GOAL OF THE EXERCISE
Make an exact copy of the records below. Include every line.

(Records from a data source)
------------------------------------

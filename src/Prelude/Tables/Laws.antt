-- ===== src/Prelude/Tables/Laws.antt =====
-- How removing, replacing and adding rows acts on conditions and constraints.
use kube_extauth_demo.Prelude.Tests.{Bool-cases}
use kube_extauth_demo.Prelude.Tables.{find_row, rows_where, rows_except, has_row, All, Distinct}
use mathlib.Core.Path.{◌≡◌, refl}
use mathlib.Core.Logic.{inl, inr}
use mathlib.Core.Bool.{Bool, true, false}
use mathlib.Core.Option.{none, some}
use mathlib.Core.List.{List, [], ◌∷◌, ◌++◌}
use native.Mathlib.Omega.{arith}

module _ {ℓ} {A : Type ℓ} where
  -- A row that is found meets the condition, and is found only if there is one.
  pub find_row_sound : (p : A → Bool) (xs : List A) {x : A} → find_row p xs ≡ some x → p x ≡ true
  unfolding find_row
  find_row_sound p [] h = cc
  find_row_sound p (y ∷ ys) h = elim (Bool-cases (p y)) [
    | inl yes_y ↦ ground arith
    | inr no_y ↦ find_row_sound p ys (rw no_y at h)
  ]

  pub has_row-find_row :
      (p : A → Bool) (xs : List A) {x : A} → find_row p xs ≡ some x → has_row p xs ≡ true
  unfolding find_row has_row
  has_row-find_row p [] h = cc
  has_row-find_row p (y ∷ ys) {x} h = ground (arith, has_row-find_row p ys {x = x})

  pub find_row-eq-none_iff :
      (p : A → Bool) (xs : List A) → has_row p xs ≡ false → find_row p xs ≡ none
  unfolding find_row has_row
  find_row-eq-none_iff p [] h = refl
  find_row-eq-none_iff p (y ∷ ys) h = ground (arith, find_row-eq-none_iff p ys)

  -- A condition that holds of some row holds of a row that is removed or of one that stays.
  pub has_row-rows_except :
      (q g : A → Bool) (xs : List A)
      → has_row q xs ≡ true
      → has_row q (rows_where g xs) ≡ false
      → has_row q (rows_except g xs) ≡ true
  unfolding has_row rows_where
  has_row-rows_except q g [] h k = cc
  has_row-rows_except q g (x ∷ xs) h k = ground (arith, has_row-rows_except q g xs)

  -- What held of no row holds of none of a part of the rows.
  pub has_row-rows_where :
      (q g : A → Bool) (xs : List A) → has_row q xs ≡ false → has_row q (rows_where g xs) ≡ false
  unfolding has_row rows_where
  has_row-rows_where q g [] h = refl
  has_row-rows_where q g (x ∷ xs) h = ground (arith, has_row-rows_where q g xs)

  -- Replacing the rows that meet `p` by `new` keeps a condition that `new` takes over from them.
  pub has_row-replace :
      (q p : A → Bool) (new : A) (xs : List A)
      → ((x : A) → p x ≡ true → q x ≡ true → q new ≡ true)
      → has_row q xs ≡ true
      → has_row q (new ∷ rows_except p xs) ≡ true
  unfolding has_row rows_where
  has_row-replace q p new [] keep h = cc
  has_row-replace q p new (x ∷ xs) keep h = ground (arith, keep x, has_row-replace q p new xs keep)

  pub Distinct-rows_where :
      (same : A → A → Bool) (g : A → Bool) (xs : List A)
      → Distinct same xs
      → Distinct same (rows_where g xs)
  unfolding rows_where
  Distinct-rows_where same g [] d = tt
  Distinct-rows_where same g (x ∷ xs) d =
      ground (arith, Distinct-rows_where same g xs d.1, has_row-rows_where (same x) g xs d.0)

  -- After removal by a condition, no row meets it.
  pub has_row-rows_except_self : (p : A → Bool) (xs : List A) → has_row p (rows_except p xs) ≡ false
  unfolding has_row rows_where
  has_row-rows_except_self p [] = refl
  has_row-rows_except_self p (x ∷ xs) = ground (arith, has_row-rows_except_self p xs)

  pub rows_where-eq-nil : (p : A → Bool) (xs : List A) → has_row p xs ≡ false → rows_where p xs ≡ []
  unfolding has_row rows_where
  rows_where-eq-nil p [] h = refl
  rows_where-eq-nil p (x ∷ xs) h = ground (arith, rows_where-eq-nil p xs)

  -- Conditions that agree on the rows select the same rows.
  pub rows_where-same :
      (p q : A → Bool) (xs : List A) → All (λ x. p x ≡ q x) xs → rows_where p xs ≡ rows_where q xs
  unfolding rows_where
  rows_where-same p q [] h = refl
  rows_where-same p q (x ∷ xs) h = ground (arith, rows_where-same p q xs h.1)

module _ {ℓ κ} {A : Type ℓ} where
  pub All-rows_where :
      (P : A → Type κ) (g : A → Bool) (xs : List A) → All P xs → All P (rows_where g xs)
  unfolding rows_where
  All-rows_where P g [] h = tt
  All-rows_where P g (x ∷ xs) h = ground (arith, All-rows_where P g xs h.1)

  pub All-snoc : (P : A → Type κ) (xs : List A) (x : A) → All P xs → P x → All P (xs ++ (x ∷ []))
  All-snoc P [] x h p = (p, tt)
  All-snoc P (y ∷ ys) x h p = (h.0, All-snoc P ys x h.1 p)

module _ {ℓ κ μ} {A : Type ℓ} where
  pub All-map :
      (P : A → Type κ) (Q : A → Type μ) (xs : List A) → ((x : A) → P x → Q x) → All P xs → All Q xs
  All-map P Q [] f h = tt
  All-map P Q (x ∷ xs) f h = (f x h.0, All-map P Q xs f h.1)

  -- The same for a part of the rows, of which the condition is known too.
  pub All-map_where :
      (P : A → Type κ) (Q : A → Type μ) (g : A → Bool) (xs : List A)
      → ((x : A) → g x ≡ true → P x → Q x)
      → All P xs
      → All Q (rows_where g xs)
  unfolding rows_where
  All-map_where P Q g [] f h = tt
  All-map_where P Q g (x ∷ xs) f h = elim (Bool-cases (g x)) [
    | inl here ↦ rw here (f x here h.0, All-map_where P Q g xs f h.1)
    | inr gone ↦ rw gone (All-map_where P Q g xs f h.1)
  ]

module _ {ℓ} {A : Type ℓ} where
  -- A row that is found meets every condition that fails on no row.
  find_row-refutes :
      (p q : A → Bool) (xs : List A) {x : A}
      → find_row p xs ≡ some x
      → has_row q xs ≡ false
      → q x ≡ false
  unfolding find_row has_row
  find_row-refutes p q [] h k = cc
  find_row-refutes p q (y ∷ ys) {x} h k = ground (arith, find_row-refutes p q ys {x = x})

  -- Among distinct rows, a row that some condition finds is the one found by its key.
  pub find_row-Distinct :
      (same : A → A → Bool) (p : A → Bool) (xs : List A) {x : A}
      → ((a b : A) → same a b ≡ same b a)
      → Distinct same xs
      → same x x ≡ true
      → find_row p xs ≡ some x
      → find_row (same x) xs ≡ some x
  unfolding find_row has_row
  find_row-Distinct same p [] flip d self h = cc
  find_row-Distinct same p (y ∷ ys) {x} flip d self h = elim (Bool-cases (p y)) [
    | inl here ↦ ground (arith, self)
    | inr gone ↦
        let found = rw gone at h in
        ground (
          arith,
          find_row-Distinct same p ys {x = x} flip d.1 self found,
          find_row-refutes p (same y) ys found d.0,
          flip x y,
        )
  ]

------------------------------------

RESPONSE TO THIS TASK
filename src/Prelude/Tables/Laws.antt
-- ===== src/Prelude/Tables/Laws.antt =====
-- How removing, replacing and adding rows acts on conditions and constraints.
use kube_extauth_demo.Prelude.Tests.{Bool-cases}
use kube_extauth_demo.Prelude.Tables.{find_row, rows_where, rows_except, has_row, All, Distinct}
use mathlib.Core.Path.{◌≡◌, refl}
use mathlib.Core.Logic.{inl, inr}
use mathlib.Core.Bool.{Bool, true, false}
use mathlib.Core.Option.{none, some}
use mathlib.Core.List.{List, [], ◌∷◌, ◌++◌}
use native.Mathlib.Omega.{arith}

module _ {ℓ} {A : Type ℓ} where
  -- A row that is found meets the condition, and is found only if there is one.
  pub find_row_sound : (p : A → Bool) (xs : List A) {x : A} → find_row p xs ≡ some x → p x ≡ true
  unfolding find_row
  find_row_sound p [] h = cc
  find_row_sound p (y ∷ ys) h = elim (Bool-cases (p y)) [
    | inl yes_y ↦ ground arith
    | inr no_y ↦ find_row_sound p ys (rw no_y at h)
  ]

  pub has_row-find_row :
      (p : A → Bool) (xs : List A) {x : A} → find_row p xs ≡ some x → has_row p xs ≡ true
  unfolding find_row has_row
  has_row-find_row p [] h = cc
  has_row-find_row p (y ∷ ys) {x} h = ground (arith, has_row-find_row p ys {x = x})

  pub find_row-eq-none_iff :
      (p : A → Bool) (xs : List A) → has_row p xs ≡ false → find_row p xs ≡ none
  unfolding find_row has_row
  find_row-eq-none_iff p [] h = refl
  find_row-eq-none_iff p (y ∷ ys) h = ground (arith, find_row-eq-none_iff p ys)

  -- A condition that holds of some row holds of a row that is removed or of one that stays.
  pub has_row-rows_except :
      (q g : A → Bool) (xs : List A)
      → has_row q xs ≡ true
      → has_row q (rows_where g xs) ≡ false
      → has_row q (rows_except g xs) ≡ true
  unfolding has_row rows_where
  has_row-rows_except q g [] h k = cc
  has_row-rows_except q g (x ∷ xs) h k = ground (arith, has_row-rows_except q g xs)

  -- What held of no row holds of none of a part of the rows.
  pub has_row-rows_where :
      (q g : A → Bool) (xs : List A) → has_row q xs ≡ false → has_row q (rows_where g xs) ≡ false
  unfolding has_row rows_where
  has_row-rows_where q g [] h = refl
  has_row-rows_where q g (x ∷ xs) h = ground (arith, has_row-rows_where q g xs)

  -- Replacing the rows that meet `p` by `new` keeps a condition that `new` takes over from them.
  pub has_row-replace :
      (q p : A → Bool) (new : A) (xs : List A)
      → ((x : A) → p x ≡ true → q x ≡ true → q new ≡ true)
      → has_row q xs ≡ true
      → has_row q (new ∷ rows_except p xs) ≡ true
  unfolding has_row rows_where
  has_row-replace q p new [] keep h = cc
  has_row-replace q p new (x ∷ xs) keep h = ground (arith, keep x, has_row-replace q p new xs keep)

  pub Distinct-rows_where :
      (same : A → A → Bool) (g : A → Bool) (xs : List A)
      → Distinct same xs
      → Distinct same (rows_where g xs)
  unfolding rows_where
  Distinct-rows_where same g [] d = tt
  Distinct-rows_where same g (x ∷ xs) d =
      ground (arith, Distinct-rows_where same g xs d.1, has_row-rows_where (same x) g xs d.0)

  -- After removal by a condition, no row meets it.
  pub has_row-rows_except_self : (p : A → Bool) (xs : List A) → has_row p (rows_except p xs) ≡ false
  unfolding has_row rows_where
  has_row-rows_except_self p [] = refl
  has_row-rows_except_self p (x ∷ xs) = ground (arith, has_row-rows_except_self p xs)

  pub rows_where-eq-nil : (p : A → Bool) (xs : List A) → has_row p xs ≡ false → rows_where p xs ≡ []
  unfolding has_row rows_where
  rows_where-eq-nil p [] h = refl
  rows_where-eq-nil p (x ∷ xs) h = ground (arith, rows_where-eq-nil p xs)

  -- Conditions that agree on the rows select the same rows.
  pub rows_where-same :
      (p q : A → Bool) (xs : List A) → All (λ x. p x ≡ q x) xs → rows_where p xs ≡ rows_where q xs
  unfolding rows_where
  rows_where-same p q [] h = refl
  rows_where-same p q (x ∷ xs) h = ground (arith, rows_where-same p q xs h.1)

module _ {ℓ κ} {A : Type ℓ} where
  pub All-rows_where :
      (P : A → Type κ) (g : A → Bool) (xs : List A) → All P xs → All P (rows_where g xs)
  unfolding rows_where
  All-rows_where P g [] h = tt
  All-rows_where P g (x ∷ xs) h = ground (arith, All-rows_where P g xs h.1)

  pub All-snoc : (P : A → Type κ) (xs : List A) (x : A) → All P xs → P x → All P (xs ++ (x ∷ []))
  All-snoc P [] x h p = (p, tt)
  All-snoc P (y ∷ ys) x h p = (h.0, All-snoc P ys x h.1 p)

module _ {ℓ κ μ} {A : Type ℓ} where
  pub All-map :
      (P : A → Type κ) (Q : A → Type μ) (xs : List A) → ((x : A) → P x → Q x) → All P xs → All Q xs
  All-map P Q [] f h = tt
  All-map P Q (x ∷ xs) f h = (f x h.0, All-map P Q xs f h.1)

  -- The same for a part of the rows, of which the condition is known too.
  pub All-map_where :
      (P : A → Type κ) (Q : A → Type μ) (g : A → Bool) (xs : List A)
      → ((x : A) → g x ≡ true → P x → Q x)
      → All P xs
      → All Q (rows_where g xs)
  unfolding rows_where
  All-map_where P Q g [] f h = tt
  All-map_where P Q g (x ∷ xs) f h = elim (Bool-cases (g x)) [
    | inl here ↦ rw here (f x here h.0, All-map_where P Q g xs f h.1)
    | inr gone ↦ rw gone (All-map_where P Q g xs f h.1)
  ]

module _ {ℓ} {A : Type ℓ} where
  -- A row that is found meets every condition that fails on no row.
  find_row-refutes :
      (p q : A → Bool) (xs : List A) {x : A}
      → find_row p xs ≡ some x
      → has_row q xs ≡ false
      → q x ≡ false
  unfolding find_row has_row
  find_row-refutes p q [] h k = cc
  find_row-refutes p q (y ∷ ys) {x} h k = ground (arith, find_row-refutes p q ys {x = x})

  -- Among distinct rows, a row that some condition finds is the one found by its key.
  pub find_row-Distinct :
      (same : A → A → Bool) (p : A → Bool) (xs : List A) {x : A}
      → ((a b : A) → same a b ≡ same b a)
      → Distinct same xs
      → same x x ≡ true
      → find_row p xs ≡ some x
      → find_row (same x) xs ≡ some x
  unfolding find_row has_row
  find_row-Distinct same p [] flip d self h = cc
  find_row-Distinct same p (y ∷ ys) {x} flip d self h = elim (Bool-cases (p y)) [
    | inl here ↦ ground (arith, self)
    | inr gone ↦
        let found = rw gone at h in
        ground (
          arith,
          find_row-Distinct same p ys {x = x} flip d.1 self found,
          find_row-refutes p (same y) ys found d.0,
          flip x y,
        )
  ]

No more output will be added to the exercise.